# Task instructions:
From the records, return each line that has the word "Bytes" in it.

BEGIN Information provided

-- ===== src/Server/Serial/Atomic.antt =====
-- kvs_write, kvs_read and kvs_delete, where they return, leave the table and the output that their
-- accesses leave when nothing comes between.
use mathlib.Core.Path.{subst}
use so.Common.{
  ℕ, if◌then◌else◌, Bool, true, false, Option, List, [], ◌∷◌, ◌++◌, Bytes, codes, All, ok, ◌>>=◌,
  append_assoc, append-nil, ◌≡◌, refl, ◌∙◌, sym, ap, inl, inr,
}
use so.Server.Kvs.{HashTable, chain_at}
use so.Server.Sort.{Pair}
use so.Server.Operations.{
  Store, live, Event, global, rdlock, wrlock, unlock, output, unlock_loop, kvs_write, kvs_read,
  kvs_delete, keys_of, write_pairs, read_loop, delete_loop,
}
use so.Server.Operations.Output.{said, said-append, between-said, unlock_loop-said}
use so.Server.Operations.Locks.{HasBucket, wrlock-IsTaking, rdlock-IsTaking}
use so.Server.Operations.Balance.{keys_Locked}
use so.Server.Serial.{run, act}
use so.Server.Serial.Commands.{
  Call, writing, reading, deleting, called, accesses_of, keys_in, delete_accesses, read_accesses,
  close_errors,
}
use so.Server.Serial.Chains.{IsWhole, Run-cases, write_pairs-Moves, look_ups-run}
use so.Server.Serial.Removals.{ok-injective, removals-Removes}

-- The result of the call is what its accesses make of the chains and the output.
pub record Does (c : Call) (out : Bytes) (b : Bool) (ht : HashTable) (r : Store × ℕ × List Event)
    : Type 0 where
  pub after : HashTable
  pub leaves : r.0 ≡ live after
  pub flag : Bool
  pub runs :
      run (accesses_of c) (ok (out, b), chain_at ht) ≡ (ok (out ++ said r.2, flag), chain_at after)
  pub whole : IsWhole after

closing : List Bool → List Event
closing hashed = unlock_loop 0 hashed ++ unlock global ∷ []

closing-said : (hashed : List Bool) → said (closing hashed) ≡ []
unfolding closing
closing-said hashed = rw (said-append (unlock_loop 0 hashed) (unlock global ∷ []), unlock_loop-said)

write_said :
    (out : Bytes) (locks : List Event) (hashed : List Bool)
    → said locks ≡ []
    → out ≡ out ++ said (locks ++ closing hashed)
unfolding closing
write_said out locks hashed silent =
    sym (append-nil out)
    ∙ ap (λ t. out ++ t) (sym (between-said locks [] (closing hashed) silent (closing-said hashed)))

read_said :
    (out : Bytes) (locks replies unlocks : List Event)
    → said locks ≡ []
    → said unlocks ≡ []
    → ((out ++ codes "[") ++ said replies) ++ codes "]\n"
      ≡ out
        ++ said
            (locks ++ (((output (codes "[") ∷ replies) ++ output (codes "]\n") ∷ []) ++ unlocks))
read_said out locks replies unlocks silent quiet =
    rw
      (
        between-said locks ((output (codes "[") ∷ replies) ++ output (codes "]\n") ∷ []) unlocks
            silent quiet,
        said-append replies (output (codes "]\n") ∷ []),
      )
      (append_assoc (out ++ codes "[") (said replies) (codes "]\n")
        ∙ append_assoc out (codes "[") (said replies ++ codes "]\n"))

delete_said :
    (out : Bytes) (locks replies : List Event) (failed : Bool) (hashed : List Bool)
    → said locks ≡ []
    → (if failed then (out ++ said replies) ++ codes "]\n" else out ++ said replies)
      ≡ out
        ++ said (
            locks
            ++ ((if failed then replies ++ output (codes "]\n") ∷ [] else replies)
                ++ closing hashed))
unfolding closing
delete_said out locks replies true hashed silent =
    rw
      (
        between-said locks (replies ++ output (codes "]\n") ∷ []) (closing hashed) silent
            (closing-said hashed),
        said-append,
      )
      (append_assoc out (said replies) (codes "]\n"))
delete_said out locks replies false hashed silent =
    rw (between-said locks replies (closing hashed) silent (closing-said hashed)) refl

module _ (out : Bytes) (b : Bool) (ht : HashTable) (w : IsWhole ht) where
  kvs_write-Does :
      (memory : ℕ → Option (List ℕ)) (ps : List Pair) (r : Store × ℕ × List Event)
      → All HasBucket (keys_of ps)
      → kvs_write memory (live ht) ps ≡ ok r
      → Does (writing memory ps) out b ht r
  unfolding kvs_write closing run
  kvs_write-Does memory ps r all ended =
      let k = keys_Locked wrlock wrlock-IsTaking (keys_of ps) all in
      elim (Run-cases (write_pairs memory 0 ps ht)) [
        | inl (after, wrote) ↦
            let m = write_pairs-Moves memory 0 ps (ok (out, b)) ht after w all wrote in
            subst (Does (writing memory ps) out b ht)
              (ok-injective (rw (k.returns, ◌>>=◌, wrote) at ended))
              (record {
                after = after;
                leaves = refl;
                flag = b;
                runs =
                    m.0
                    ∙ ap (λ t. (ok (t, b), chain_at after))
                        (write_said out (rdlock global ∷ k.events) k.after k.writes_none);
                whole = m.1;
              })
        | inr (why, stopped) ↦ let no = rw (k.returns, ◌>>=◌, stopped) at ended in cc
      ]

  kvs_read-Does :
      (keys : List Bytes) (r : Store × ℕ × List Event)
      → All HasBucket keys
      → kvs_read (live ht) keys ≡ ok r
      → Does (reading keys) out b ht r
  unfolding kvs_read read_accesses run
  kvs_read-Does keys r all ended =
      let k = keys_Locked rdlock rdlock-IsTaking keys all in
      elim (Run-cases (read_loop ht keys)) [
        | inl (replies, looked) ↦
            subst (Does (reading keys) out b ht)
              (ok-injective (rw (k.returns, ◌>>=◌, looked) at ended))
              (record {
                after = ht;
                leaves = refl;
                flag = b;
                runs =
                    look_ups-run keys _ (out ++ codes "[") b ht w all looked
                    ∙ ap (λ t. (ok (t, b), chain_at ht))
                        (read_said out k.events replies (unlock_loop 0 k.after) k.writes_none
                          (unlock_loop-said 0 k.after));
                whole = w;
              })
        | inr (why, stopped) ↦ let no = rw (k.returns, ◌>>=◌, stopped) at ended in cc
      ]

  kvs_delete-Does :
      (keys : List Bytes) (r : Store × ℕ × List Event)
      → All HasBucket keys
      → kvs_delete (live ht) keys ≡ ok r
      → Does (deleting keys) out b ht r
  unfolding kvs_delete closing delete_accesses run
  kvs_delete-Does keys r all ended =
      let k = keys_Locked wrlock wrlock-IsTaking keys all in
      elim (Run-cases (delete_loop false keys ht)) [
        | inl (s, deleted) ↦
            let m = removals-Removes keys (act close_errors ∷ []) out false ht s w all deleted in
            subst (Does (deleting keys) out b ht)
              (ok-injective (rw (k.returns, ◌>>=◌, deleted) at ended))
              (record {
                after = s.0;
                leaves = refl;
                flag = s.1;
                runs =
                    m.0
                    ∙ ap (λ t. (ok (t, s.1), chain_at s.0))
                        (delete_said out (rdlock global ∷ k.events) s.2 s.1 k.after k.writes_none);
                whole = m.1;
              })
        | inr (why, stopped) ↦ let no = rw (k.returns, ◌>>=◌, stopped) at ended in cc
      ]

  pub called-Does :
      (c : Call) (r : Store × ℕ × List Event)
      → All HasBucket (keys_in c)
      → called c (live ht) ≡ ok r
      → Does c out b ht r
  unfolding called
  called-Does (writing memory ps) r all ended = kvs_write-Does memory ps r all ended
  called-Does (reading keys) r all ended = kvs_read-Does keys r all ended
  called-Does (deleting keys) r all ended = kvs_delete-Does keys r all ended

END Information provided

# Response area:
  ℕ, if◌then◌else◌, Bool, true, false, Option, List, [], ◌∷◌, ◌++◌, Bytes, codes, All, ok, ◌>>=◌,
pub record Does (c : Call) (out : Bytes) (b : Bool) (ht : HashTable) (r : Store × ℕ × List Event)
    (out : Bytes) (locks : List Event) (hashed : List Bool)
    (out : Bytes) (locks replies unlocks : List Event)
    (out : Bytes) (locks replies : List Event) (failed : Bool) (hashed : List Bool)
module _ (out : Bytes) (b : Bool) (ht : HashTable) (w : IsWhole ht) where
      (keys : List Bytes) (r : Store × ℕ × List Event)
      (keys : List Bytes) (r : Store × ℕ × List Event)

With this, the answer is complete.